--- Data in this exercise Enclosed Below ---

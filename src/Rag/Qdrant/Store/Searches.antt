-- ===== src/Rag/Qdrant/Store/Searches.antt =====
-- Searches of a collection that the server does not show, and searches behind an insertion.
use langchain_cpp.Base.{
  ℕ, ◌≡◌, refl, Bool, true, false, List, [], ◌∷◌, ◌==◌, not, if◌then◌else◌, subst, arith,
}
use langchain_cpp.Base.Text.{Text}
use langchain_cpp.Base.Dict.{Dict}
use langchain_cpp.Base.Http.{Response}
use langchain_cpp.Base.Json.{Json}
use langchain_cpp.Base.Outcome.{Outcome, ok, throws}
use langchain_cpp.Base.Exec.{Exec, pure, continue, ◌>>=◌}
use langchain_cpp.Rag.Document.{Document}
use langchain_cpp.Rag.Embeddings.{Embeddings, VectorJson}
use langchain_cpp.Rag.Qdrant.Store.{
  QdrantConfig, QdrantState, Outside, request_headers, collection_url, ask_collection,
  collection_exists, similarity_search, create_collection, ensure_collection_exists, upsert,
  add_documents, search_points, on_rest,
}

-- What a call that returns leaves has seen the collection.
unfoldable Ready : {W A : Type 0} → Outcome A → QdrantState W → Type 0
Ready (ok a) s = s.collection_ready ≡ true
Ready (throws e) s = Unit

unfoldable Leaves : {W A : Type 0} → Outcome A × QdrantState W → Type 0
unfolding Ready
Leaves x = Ready x.0 x.1

continue-Ready :
    {W A B : Type 0} (r : Outcome A) (s : QdrantState W) (f : A → Exec (QdrantState W) B)
    → Ready r s
    → ((a : A) → s.collection_ready ≡ true → Leaves (f a s))
    → Leaves (continue r f s)
unfolding Ready Leaves
continue-Ready (ok a) s f h g = g a h
continue-Ready (throws e) s f h g = tt

any-Ready :
    {W A B : Type 0} (r : Outcome A) (s : QdrantState W) (f : A → Exec (QdrantState W) B)
    → ((a : A) → Leaves (f a s))
    → Leaves (continue r f s)
unfolding Ready Leaves
any-Ready (ok a) s f g = g a
any-Ready (throws e) s f g = tt

ok-Leaves :
    {W A : Type 0} (a : A) (s : QdrantState W)
    → s.collection_ready ≡ true
    → Leaves {A = A} (ok a, s)
unfolding Leaves Ready
ok-Leaves a s h = h

checked-Ready :
    {W : Type 0} (r : Outcome Response) (s : QdrantState W) → s.collection_ready ≡ true → Ready r s
unfolding Ready
checked-Ready (ok a) s h = h
checked-Ready (throws a) s h = tt

module _ (J : Json) {X W : Type 0} (V : VectorJson J X) (members : J.Value → Dict J.Value)
    (outside : Outside W) (embeddings : Embeddings X W) (config : QdrantConfig) where
  open J use {Value}

  create-Ready :
      (n : ℕ) (s : QdrantState W)
      → Leaves (create_collection J V members outside embeddings config n s)
  unfolding create_collection
  create-Ready n s = search (any-Ready, ok-Leaves)

  unless-Ready :
      (exists : Bool) (n : ℕ) (s : QdrantState W)
      → (exists ≡ true → s.collection_ready ≡ true)
      → Leaves (
          continue
            (ok exists)
            (λ e.
              if e
              then (λ s. (ok tt, s))
              else create_collection J V members outside embeddings config n)
            s)
  unless-Ready true n s h = ok-Leaves _ _ (h refl)
  unless-Ready false n s h = create-Ready n s

  ensure_on :
      (ready : Bool) (n : ℕ) (w : W)
      → Leaves (
          ensure_collection_exists J V members outside embeddings config n
            (record { collection_ready = ready; rest = w }))
  unfolding ensure_collection_exists collection_exists ask_collection
  ensure_on true n w = ok-Leaves tt (record { collection_ready = true; rest = w }) refl
  ensure_on false n w =
      let x = outside.get (collection_url config) (request_headers config) w in
      let b = x.0.status_code == 200 in
      unless-Ready b n (record { collection_ready = b; rest = x.1 }) (λ h. h)

  ensure-Ready :
      (n : ℕ) (s : QdrantState W)
      → Leaves (ensure_collection_exists J V members outside embeddings config n s)
  ensure-Ready n s = ensure_on s.collection_ready n s.rest

  upsert-Ready :
      (documents : List (Document Value)) (s : QdrantState W)
      → Leaves (upsert J V members outside embeddings config documents s)
  unfolding upsert Leaves
  upsert-Ready documents s =
      search (any-Ready, continue-Ready, ensure-Ready, ok-Leaves, checked-Ready)

  searched :
      (r : Outcome (List X)) (w : W) (k : ℕ) (ready : Bool)
      → ready ≡ true
      → continue r
          (λ v. collection_exists J V members outside embeddings config >>= λ exists.
            if not exists then pure [] else search_points J V members outside embeddings config v k)
          (record { collection_ready = ready; rest = w })
        ≡ continue r
            (λ v. search_points J V members outside embeddings config v k)
            (record { collection_ready = ready; rest = w })
  unfolding collection_exists
  searched (ok v) w k true h = refl
  searched (ok v) w k false h = ground arith
  searched (throws e) w k ready h = refl

  -- Behind an addition of at least one document that returned, a search sends the search at once,
  -- without the question whether the collection exists.
  pub similarity_search_added :
      (document : Document Value) (documents : List (Document Value)) (query : Text) (k : ℕ)
      (s s' : QdrantState W)
      → add_documents J V members outside embeddings config (document ∷ documents) s ≡ (ok tt, s')
      → similarity_search J V members outside embeddings config query k s'
        ≡ (on_rest (embeddings.embed_query query) >>= λ v.
              search_points J V members outside embeddings config v k)
            s'
  unfolding similarity_search collection_exists add_documents Leaves Ready
  similarity_search_added document documents query k s s' e =
      let h = subst Leaves e (upsert-Ready (document ∷ documents) s) in
      searched (embeddings.embed_query query s'.rest).0 (embeddings.embed_query query s'.rest).1 k
        s'.collection_ready h

  -- Where the store has not seen its collection and the server answers the question for it with any
  -- status but 200, be it that of a refusal or of a failure, a search returns no documents, without an
  -- exception, and no search is sent.
  pub similarity_search_unseen :
      (query : Text) (k : ℕ) (query_vector : List X) (response : Response) (w w' w'' : W)
      → embeddings.embed_query query w ≡ (ok query_vector, w')
      → outside.get (collection_url config) (request_headers config) w' ≡ (response, w'')
      → (response.status_code == 200) ≡ false
      → similarity_search J V members outside embeddings config query k
          (record { collection_ready = false; rest = w })
        ≡ (ok [], record { collection_ready = false; rest = w'' })
  unfolding similarity_search collection_exists ask_collection
  similarity_search_unseen query k query_vector response w w' w'' e g s = rw (e, g, s) refl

--- End of Enclosed Data in this exercise ---

Instructions to follow: All of the data above needs to be set down again exactly. Include every line.

Output of the task:
filename src/Rag/Qdrant/Store/Searches.antt
-- ===== src/Rag/Qdrant/Store/Searches.antt =====
-- Searches of a collection that the server does not show, and searches behind an insertion.
use langchain_cpp.Base.{
  ℕ, ◌≡◌, refl, Bool, true, false, List, [], ◌∷◌, ◌==◌, not, if◌then◌else◌, subst, arith,
}
use langchain_cpp.Base.Text.{Text}
use langchain_cpp.Base.Dict.{Dict}
use langchain_cpp.Base.Http.{Response}
use langchain_cpp.Base.Json.{Json}
use langchain_cpp.Base.Outcome.{Outcome, ok, throws}
use langchain_cpp.Base.Exec.{Exec, pure, continue, ◌>>=◌}
use langchain_cpp.Rag.Document.{Document}
use langchain_cpp.Rag.Embeddings.{Embeddings, VectorJson}
use langchain_cpp.Rag.Qdrant.Store.{
  QdrantConfig, QdrantState, Outside, request_headers, collection_url, ask_collection,
  collection_exists, similarity_search, create_collection, ensure_collection_exists, upsert,
  add_documents, search_points, on_rest,
}

-- What a call that returns leaves has seen the collection.
unfoldable Ready : {W A : Type 0} → Outcome A → QdrantState W → Type 0
Ready (ok a) s = s.collection_ready ≡ true
Ready (throws e) s = Unit

unfoldable Leaves : {W A : Type 0} → Outcome A × QdrantState W → Type 0
unfolding Ready
Leaves x = Ready x.0 x.1

continue-Ready :
    {W A B : Type 0} (r : Outcome A) (s : QdrantState W) (f : A → Exec (QdrantState W) B)
    → Ready r s
    → ((a : A) → s.collection_ready ≡ true → Leaves (f a s))
    → Leaves (continue r f s)
unfolding Ready Leaves
continue-Ready (ok a) s f h g = g a h
continue-Ready (throws e) s f h g = tt

any-Ready :
    {W A B : Type 0} (r : Outcome A) (s : QdrantState W) (f : A → Exec (QdrantState W) B)
    → ((a : A) → Leaves (f a s))
    → Leaves (continue r f s)
unfolding Ready Leaves
any-Ready (ok a) s f g = g a
any-Ready (throws e) s f g = tt

ok-Leaves :
    {W A : Type 0} (a : A) (s : QdrantState W)
    → s.collection_ready ≡ true
    → Leaves {A = A} (ok a, s)
unfolding Leaves Ready
ok-Leaves a s h = h

checked-Ready :
    {W : Type 0} (r : Outcome Response) (s : QdrantState W) → s.collection_ready ≡ true → Ready r s
unfolding Ready
checked-Ready (ok a) s h = h
checked-Ready (throws a) s h = tt

module _ (J : Json) {X W : Type 0} (V : VectorJson J X) (members : J.Value → Dict J.Value)
    (outside : Outside W) (embeddings : Embeddings X W) (config : QdrantConfig) where
  open J use {Value}

  create-Ready :
      (n : ℕ) (s : QdrantState W)
      → Leaves (create_collection J V members outside embeddings config n s)
  unfolding create_collection
  create-Ready n s = search (any-Ready, ok-Leaves)

  unless-Ready :
      (exists : Bool) (n : ℕ) (s : QdrantState W)
      → (exists ≡ true → s.collection_ready ≡ true)
      → Leaves (
          continue
            (ok exists)
            (λ e.
              if e
              then (λ s. (ok tt, s))
              else create_collection J V members outside embeddings config n)
            s)
  unless-Ready true n s h = ok-Leaves _ _ (h refl)
  unless-Ready false n s h = create-Ready n s

  ensure_on :
      (ready : Bool) (n : ℕ) (w : W)
      → Leaves (
          ensure_collection_exists J V members outside embeddings config n
            (record { collection_ready = ready; rest = w }))
  unfolding ensure_collection_exists collection_exists ask_collection
  ensure_on true n w = ok-Leaves tt (record { collection_ready = true; rest = w }) refl
  ensure_on false n w =
      let x = outside.get (collection_url config) (request_headers config) w in
      let b = x.0.status_code == 200 in
      unless-Ready b n (record { collection_ready = b; rest = x.1 }) (λ h. h)

  ensure-Ready :
      (n : ℕ) (s : QdrantState W)
      → Leaves (ensure_collection_exists J V members outside embeddings config n s)
  ensure-Ready n s = ensure_on s.collection_ready n s.rest

  upsert-Ready :
      (documents : List (Document Value)) (s : QdrantState W)
      → Leaves (upsert J V members outside embeddings config documents s)
  unfolding upsert Leaves
  upsert-Ready documents s =
      search (any-Ready, continue-Ready, ensure-Ready, ok-Leaves, checked-Ready)

  searched :
      (r : Outcome (List X)) (w : W) (k : ℕ) (ready : Bool)
      → ready ≡ true
      → continue r
          (λ v. collection_exists J V members outside embeddings config >>= λ exists.
            if not exists then pure [] else search_points J V members outside embeddings config v k)
          (record { collection_ready = ready; rest = w })
        ≡ continue r
            (λ v. search_points J V members outside embeddings config v k)
            (record { collection_ready = ready; rest = w })
  unfolding collection_exists
  searched (ok v) w k true h = refl
  searched (ok v) w k false h = ground arith
  searched (throws e) w k ready h = refl

  -- Behind an addition of at least one document that returned, a search sends the search at once,
  -- without the question whether the collection exists.
  pub similarity_search_added :
      (document : Document Value) (documents : List (Document Value)) (query : Text) (k : ℕ)
      (s s' : QdrantState W)
      → add_documents J V members outside embeddings config (document ∷ documents) s ≡ (ok tt, s')
      → similarity_search J V members outside embeddings config query k s'
        ≡ (on_rest (embeddings.embed_query query) >>= λ v.
              search_points J V members outside embeddings config v k)
            s'
  unfolding similarity_search collection_exists add_documents Leaves Ready
  similarity_search_added document documents query k s s' e =
      let h = subst Leaves e (upsert-Ready (document ∷ documents) s) in
      searched (embeddings.embed_query query s'.rest).0 (embeddings.embed_query query s'.rest).1 k
        s'.collection_ready h

  -- Where the store has not seen its collection and the server answers the question for it with any
  -- status but 200, be it that of a refusal or of a failure, a search returns no documents, without an
  -- exception, and no search is sent.
  pub similarity_search_unseen :
      (query : Text) (k : ℕ) (query_vector : List X) (response : Response) (w w' w'' : W)
      → embeddings.embed_query query w ≡ (ok query_vector, w')
      → outside.get (collection_url config) (request_headers config) w' ≡ (response, w'')
      → (response.status_code == 200) ≡ false
      → similarity_search J V members outside embeddings config query k
          (record { collection_ready = false; rest = w })
        ≡ (ok [], record { collection_ready = false; rest = w'' })
  unfolding similarity_search collection_exists ask_collection
  similarity_search_unseen query k query_vector response w w' w'' e g s = rw (e, g, s) refl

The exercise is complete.